■ What to work on ■
Only the lines below starting at the one that contains "unfoldable pub skip_value" and ending at the one that contains "skip_comma s = elim" are to be reproduced, exactly and with both ends kept.

■ Records for the task ■
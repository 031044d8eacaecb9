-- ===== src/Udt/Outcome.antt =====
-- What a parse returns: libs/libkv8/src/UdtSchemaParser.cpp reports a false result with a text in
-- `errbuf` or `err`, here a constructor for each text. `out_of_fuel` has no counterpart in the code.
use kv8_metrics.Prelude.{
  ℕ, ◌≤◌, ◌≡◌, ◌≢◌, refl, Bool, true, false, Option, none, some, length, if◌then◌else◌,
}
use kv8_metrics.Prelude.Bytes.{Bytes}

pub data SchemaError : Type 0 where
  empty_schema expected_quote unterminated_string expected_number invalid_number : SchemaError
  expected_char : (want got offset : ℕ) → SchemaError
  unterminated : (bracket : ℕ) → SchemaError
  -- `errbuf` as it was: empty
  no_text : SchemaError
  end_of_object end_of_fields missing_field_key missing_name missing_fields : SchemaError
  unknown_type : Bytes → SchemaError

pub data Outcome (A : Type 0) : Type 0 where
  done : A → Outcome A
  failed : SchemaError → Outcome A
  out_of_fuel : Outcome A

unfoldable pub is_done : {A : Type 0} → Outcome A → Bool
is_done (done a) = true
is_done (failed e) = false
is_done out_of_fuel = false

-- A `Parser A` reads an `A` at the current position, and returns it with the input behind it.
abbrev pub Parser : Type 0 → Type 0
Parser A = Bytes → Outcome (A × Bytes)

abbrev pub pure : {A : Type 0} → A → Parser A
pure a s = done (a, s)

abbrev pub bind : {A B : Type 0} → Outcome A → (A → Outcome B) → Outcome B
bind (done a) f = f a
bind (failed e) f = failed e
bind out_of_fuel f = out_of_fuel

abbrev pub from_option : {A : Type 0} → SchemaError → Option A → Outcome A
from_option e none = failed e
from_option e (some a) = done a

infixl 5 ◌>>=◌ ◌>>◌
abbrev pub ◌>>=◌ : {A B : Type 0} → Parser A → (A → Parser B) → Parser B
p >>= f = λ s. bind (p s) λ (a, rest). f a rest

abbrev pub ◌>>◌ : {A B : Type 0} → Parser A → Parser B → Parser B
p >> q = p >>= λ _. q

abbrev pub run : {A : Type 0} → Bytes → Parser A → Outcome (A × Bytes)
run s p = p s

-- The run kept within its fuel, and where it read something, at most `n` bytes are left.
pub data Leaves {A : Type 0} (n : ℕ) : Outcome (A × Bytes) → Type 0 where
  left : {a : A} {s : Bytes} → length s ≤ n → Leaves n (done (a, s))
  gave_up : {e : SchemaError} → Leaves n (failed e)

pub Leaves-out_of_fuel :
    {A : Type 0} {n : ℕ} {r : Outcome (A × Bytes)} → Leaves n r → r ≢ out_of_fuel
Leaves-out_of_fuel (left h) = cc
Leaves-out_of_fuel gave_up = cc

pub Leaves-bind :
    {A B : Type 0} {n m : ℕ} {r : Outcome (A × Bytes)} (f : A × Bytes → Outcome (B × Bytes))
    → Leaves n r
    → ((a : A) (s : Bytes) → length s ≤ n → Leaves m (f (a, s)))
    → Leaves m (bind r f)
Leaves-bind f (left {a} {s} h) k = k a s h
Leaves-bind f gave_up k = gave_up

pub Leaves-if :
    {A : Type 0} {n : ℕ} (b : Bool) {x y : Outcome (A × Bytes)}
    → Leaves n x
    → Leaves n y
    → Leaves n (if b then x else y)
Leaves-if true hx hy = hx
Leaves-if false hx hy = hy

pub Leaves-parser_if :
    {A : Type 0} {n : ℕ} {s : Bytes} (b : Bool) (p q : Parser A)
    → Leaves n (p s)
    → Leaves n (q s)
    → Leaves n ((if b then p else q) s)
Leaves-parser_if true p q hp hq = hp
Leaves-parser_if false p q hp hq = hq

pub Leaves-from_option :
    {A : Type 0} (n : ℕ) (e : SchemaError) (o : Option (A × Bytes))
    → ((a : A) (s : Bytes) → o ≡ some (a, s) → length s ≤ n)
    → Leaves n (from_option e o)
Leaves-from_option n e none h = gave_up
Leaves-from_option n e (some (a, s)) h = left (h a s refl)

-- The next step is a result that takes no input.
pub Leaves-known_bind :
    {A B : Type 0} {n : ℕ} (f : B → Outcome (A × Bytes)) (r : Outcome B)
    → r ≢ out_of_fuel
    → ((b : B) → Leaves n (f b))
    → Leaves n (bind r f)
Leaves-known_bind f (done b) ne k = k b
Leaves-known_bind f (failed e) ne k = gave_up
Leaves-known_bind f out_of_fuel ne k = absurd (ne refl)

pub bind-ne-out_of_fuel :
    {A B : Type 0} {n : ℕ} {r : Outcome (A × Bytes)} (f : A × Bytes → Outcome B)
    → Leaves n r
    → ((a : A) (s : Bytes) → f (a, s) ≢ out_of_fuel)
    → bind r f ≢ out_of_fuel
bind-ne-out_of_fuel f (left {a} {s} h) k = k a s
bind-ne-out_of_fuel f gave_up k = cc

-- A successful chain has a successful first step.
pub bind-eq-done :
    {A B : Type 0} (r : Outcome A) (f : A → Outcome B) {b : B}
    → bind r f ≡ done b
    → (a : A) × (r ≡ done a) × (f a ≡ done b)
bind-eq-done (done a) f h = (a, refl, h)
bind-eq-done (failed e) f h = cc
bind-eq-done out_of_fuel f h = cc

--

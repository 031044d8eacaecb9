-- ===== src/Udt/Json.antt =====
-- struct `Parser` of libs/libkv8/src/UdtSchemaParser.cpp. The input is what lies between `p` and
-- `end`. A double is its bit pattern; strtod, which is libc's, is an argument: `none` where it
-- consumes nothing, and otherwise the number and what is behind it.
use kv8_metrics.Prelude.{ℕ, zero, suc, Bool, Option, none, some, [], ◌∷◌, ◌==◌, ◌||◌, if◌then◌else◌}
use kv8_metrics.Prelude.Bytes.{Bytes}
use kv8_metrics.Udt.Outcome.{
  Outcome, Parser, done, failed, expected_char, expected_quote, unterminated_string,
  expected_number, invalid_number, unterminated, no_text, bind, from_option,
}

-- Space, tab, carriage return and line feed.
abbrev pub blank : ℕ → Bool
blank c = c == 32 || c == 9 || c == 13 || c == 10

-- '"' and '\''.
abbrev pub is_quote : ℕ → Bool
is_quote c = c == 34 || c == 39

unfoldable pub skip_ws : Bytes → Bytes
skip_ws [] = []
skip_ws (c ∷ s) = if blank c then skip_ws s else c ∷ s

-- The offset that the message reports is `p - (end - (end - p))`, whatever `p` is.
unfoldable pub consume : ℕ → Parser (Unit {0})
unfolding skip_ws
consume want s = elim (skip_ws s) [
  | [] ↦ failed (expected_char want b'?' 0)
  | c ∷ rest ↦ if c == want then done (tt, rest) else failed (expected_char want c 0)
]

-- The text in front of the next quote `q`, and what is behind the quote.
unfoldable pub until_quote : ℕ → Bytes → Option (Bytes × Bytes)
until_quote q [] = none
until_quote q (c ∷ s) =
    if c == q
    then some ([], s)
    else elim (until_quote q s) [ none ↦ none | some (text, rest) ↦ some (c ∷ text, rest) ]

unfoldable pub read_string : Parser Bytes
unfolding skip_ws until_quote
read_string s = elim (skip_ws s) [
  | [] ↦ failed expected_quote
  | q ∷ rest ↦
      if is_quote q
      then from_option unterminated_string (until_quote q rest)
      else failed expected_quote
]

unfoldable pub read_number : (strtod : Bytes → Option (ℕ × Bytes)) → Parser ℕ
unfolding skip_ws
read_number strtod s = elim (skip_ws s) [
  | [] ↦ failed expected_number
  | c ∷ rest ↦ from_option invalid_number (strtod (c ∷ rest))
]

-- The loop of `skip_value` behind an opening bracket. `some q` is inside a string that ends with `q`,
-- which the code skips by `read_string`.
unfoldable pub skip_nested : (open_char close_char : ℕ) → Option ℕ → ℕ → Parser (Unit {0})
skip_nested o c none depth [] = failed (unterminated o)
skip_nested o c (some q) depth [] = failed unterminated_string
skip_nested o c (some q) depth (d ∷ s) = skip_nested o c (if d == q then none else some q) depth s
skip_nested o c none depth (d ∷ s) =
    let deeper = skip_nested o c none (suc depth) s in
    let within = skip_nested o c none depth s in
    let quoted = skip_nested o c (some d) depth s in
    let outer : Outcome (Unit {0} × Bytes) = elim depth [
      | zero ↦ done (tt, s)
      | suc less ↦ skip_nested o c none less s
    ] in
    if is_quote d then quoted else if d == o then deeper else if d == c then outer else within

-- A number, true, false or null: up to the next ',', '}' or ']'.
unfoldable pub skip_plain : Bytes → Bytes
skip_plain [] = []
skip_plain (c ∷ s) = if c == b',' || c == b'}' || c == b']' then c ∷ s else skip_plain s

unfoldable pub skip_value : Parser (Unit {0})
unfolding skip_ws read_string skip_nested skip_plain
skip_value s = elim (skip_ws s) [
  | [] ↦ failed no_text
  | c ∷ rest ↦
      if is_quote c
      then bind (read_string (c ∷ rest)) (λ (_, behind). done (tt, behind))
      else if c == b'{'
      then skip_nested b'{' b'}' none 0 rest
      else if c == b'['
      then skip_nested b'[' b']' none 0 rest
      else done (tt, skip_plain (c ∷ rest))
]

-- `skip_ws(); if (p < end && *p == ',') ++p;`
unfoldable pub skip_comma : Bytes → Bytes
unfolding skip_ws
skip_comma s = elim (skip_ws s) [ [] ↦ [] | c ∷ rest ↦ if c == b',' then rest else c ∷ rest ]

■ Task output ■
unfoldable pub skip_value : Parser (Unit {0})
unfolding skip_ws read_string skip_nested skip_plain
skip_value s = elim (skip_ws s) [
  | [] ↦ failed no_text
  | c ∷ rest ↦
      if is_quote c
      then bind (read_string (c ∷ rest)) (λ (_, behind). done (tt, behind))
      else if c == b'{'
      then skip_nested b'{' b'}' none 0 rest
      else if c == b'['
      then skip_nested b'[' b']' none 0 rest
      else done (tt, skip_plain (c ∷ rest))
]

-- `skip_ws(); if (p < end && *p == ',') ++p;`
unfoldable pub skip_comma : Bytes → Bytes
unfolding skip_ws
skip_comma s = elim (skip_ws s) [ [] ↦ [] | c ∷ rest ↦ if c == b',' then rest else c ∷ rest ]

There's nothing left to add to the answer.